= Saint-Gall de Ouidah Major Seminary =

The Saint-Gall de Ouidah Major Seminary (French: Grand Séminaire Saint-Gall de Ouidah) is a Roman Catholic Seminary in Ouidah, a Voodoo centre in the south of Benin. It is a training center for priests in Benin, and has hosted number of seminarians not only from Benin, but also Togo, Ivory Coast, Senegal, Niger, and Burkina Faso, including the Beninese politician Albert Tévoédjrè.

== Location ==
The seminary is located on a hill a few kilometers north of Ouidah, and is surrounded by fruit orchards.

== History ==
In 1899, Father François Steinmetz - an SMA priest and future bishop - established a farm near the city to feed the population and increase their resources. He planted thousands of coffee bushes, coconut and oil palms. In 1910, he decided to found a seminary there, and the first building, in colonial architecture, was inaugurated in 1914. An extension was soon necessary and in 1929 the Diocese of St Gallen in Switzerland was given the responsibility of constructing a major seminary which bore its name. Further enlargements followed and the central building, with a bell tower, was completed in 1930.

This new seminary was inaugurated on July 20, 1930 and the first intake had 36 students.
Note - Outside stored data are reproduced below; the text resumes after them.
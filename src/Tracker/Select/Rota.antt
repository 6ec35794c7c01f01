-- ===== src/Tracker/Select/Rota.antt =====
-- The storage of an address, against the sorted list of the active servers.
use mathlib.Core.List.{
  Mem, Mem-prop, mem-cons, mem-map, not-mem-nil, Nodup, Pairwise, Pairwise-cons,
}
use mathlib.Core.List.Pairwise
use mathlib.Core.Logic.Or
use mathlib.Core.Logic.{∥∥₁_elim}
use mathlib.Core.HLevel.{×_prop}
use mathlib.Core.Option.{some-injective}
use native.Mathlib.Nat.{ℕ_set}
use eggdfs.Base.{
  ℕ, Bool, ◌%◌, ◌≡◌, ◌⊎◌, inl, inr, refl, ap, sym, ◌∙◌, subst, some, List, [], ◌∷◌, map, done,
  ◌>>=◌, ok, err, ◌==◌, ==_iff, if◌then◌else◌, length, get_elem?, Bool-cases, ◌↔◌,
}
use eggdfs.Base.Text.{Text, Text-set}
use eggdfs.Base.Text.Order.{text_lt, text_lt_asym, text_lt_antisymm}
use eggdfs.Base.Sort.Laws.{IsAscending}
use eggdfs.Base.Sort.Unique.{IsStrict, IsStrict-eq_of_mem}
use eggdfs.Base.Visit.{Visit}
use eggdfs.Common.Const.{storage_active}
use eggdfs.Group.{StorageServer, Group, IsWell, get_storages, get_storage}
use eggdfs.Group.Storages.{get_storages_complete, get_storages-IsAscending}
use eggdfs.Tracker.Select.{active_storages, pick, select_storage_ip_hash, no_available_storage}
use eggdfs.Tracker.Select.ByAddress.{pick_lem}

abbrev before : StorageServer → StorageServer → Bool
before a b = text_lt a.addr b.addr

-- The active servers of a group, in the order of their addresses.
pub record IsRota (g : Group) (l : List StorageServer) : Type 0 where
  pub members :
      (s : StorageServer)
      → Mem s l ↔ ((get_storage s.addr g ≡ some s) × (s.status ≡ storage_active))
  pub ordered : IsStrict before l

server-set : IsSet StorageServer
server-set = hlevel (ℕ_set, Text-set)

keys-IsStrict : (ks : List Text) → IsAscending text_lt ks → Nodup ks → IsStrict text_lt ks
keys-IsStrict [] a n = Pairwise.nil
keys-IsStrict (k ∷ ks) a n = Pairwise-cons.1 (
  (λ j m. elim (Bool-cases (text_lt k j)) [
    | inl h ↦ h
    | inr h ↦
        absurd ((Pairwise-cons.0 n).0 j m (text_lt_antisymm k j h ((Pairwise-cons.0 a).0 j m)))
  ]),
  keys-IsStrict ks (Pairwise-cons.0 a).1 (Pairwise-cons.0 n).1,
)

unfoldable active_of : List StorageServer → List StorageServer
active_of [] = []
active_of (s ∷ l) = let rest = active_of l in if s.status == storage_active then s ∷ rest else rest

active_storages-active_of :
    (l : List StorageServer) → active_storages (map some l) ≡ done (active_of l)
unfolding active_storages active_of
active_storages-active_of [] = refl
active_storages-active_of (s ∷ l) = rw (active_storages-active_of l)

mem-active_of :
    (s : StorageServer) (l : List StorageServer)
    → Mem s (active_of l) ↔ (Mem s l × (s.status ≡ storage_active))
unfolding active_of
mem-active_of s [] = (λ m. absurd (not-mem-nil m), λ h. absurd (not-mem-nil h.0))
mem-active_of s (r ∷ l) = elim (Bool-cases (r.status == storage_active)) [
  | inl up ↦ rw up (
    (λ m.
        Or.elim (×_prop Mem-prop (ℕ_set _ _)) (mem-cons.0 m)
          (λ e. (mem-cons.1 (Or.inl e), ap (λ (z : StorageServer). z.status) e ∙ (==_iff _ _).0 up))
          (λ i. let (j, a) = (mem-active_of s l).0 i in (mem-cons.1 (Or.inr j), a))),
    (λ h.
        Or.elim Mem-prop (mem-cons.0 h.0) (λ e. mem-cons.1 (Or.inl e))
          (λ i. mem-cons.1 (Or.inr ((mem-active_of s l).1 (i, h.1))))),
  )
  | inr down ↦ rw down (
    (λ m. let (j, a) = (mem-active_of s l).0 m in (mem-cons.1 (Or.inr j), a)),
    (λ h.
        Or.elim Mem-prop (mem-cons.0 h.0)
          (λ e. cc (
            down,
            (==_iff r.status storage_active).1 (ap (λ (z : StorageServer). z.status) (sym e) ∙ h.1),
          ))
          (λ i. (mem-active_of s l).1 (i, h.1))),
  )
]

active_of-IsStrict : (l : List StorageServer) → IsStrict before l → IsStrict before (active_of l)
unfolding active_of
active_of-IsStrict [] a = Pairwise.nil
active_of-IsStrict (s ∷ l) a =
    let rest = active_of-IsStrict l (Pairwise-cons.0 a).1 in
    elim (Bool-cases (s.status == storage_active)) [
      | inl up ↦
          rw up
            (Pairwise-cons.1 ((λ b m. (Pairwise-cons.0 a).0 b ((mem-active_of b l).0 m).0), rest))
      | inr down ↦ rw down rest
    ]

mem-some : (s : StorageServer) (l : List StorageServer) → Mem (some s) (map some l) ↔ Mem s l
mem-some s l = (
  (λ m.
      ∥∥₁_elim (mem-map.0 m) Mem-prop (λ (r, i, e). subst (λ z. Mem z l) (some-injective _ _ e) i)),
  λ m. mem-map.1 ∣ (s, m, refl) ∣₁,
)

-- The loop over the storages leaves the listing of the active servers.
pub rota :
    (v : Visit StorageServer) (g : Group)
    → IsWell g
    → (l : List StorageServer) × (active_storages (get_storages v g) ≡ done l) × IsRota g l
rota v g well =
    let (l, found, ordered, once) = get_storages-IsAscending v g well in
    let listed = (get_storages_complete v g well).1 in
    (
      active_of l,
      ap active_storages found ∙ active_storages-active_of l,
      record {
        members = λ s. (
          (λ m.
              let (i, a) = (mem-active_of s l).0 m in
              ((listed s).0 (subst (Mem (some s)) (sym found) ((mem-some s l).1 i)), a)),
          (λ h.
              (mem-active_of s l).1
                ((mem-some s l).0 (subst (Mem (some s)) found ((listed s).1 h.0)), h.1)),
        );
        ordered =
            active_of-IsStrict l
              (Pairwise.of_map' (λ (s : StorageServer). s.addr) (keys-IsStrict _ ordered once));
      },
    )

rota_unique : (g : Group) (l m : List StorageServer) → IsRota g l → IsRota g m → l ≡ m
rota_unique g l m a b =
    IsStrict-eq_of_mem before (λ r s. text_lt_asym r.addr s.addr) server-set l m a.ordered b.ordered
      (λ s. ((λ i. (b.members s).1 ((a.members s).0 i)), λ i. (a.members s).1 ((b.members s).0 i)))

-- List the active servers of a well-formed group by address: the selection for an address is the
-- one whose position is the hash of the address, modulo the length, and it fails where the list is
-- empty.
pub select_storage_ip_hash-rota :
    (v : Visit StorageServer) (hash : Text → ℕ) (ip : Text) (g : Group) (l : List StorageServer)
    → IsWell g
    → IsRota g l
    → ((l ≡ []) × (select_storage_ip_hash v hash ip g ≡ done (err no_available_storage)))
      ⊎ ((s : StorageServer) × (get_elem? l (hash ip % length l) ≡ some s)
          × (select_storage_ip_hash v hash ip g ≡ done (ok s)))
unfolding select_storage_ip_hash
select_storage_ip_hash-rota v hash ip g l well listed =
    let (m, run, r) = rota v g well in
    let run' : (active_storages (get_storages v g) >>= pick (hash ip)) ≡ pick (hash ip) l =
      ap (λ o. o >>= pick (hash ip)) run ∙ ap (pick (hash ip)) (rota_unique g m l r listed) in
    elim (pick_lem (hash ip) l) [
      | inl (s, at, e, i) ↦ inr (s, at, run' ∙ e)
      | inr (empty, e) ↦ inl (empty, run' ∙ e)
    ]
Given the status of regional seminary in 1952, it was run by the Priests of Saint-Sulpice from 1955 to 1971 and played a role in the socio-economic development of the French colony of Dahomey which became independent during this time. The running of the seminary was handed over to African clergy in 1971. In 2011 the seminary welcomed 147 seminarians, and was run by 13 diocesan priests, including two Sulpicians who live in community with them.

In 2014 the seminar celebrated its centenary.

On November 19, 2019, during his apostolic trip to Benin, Pope Benedict XVI prayed at the tomb of a former seminarian, cardinal Bernardin Gantin, who is buried in the chapel.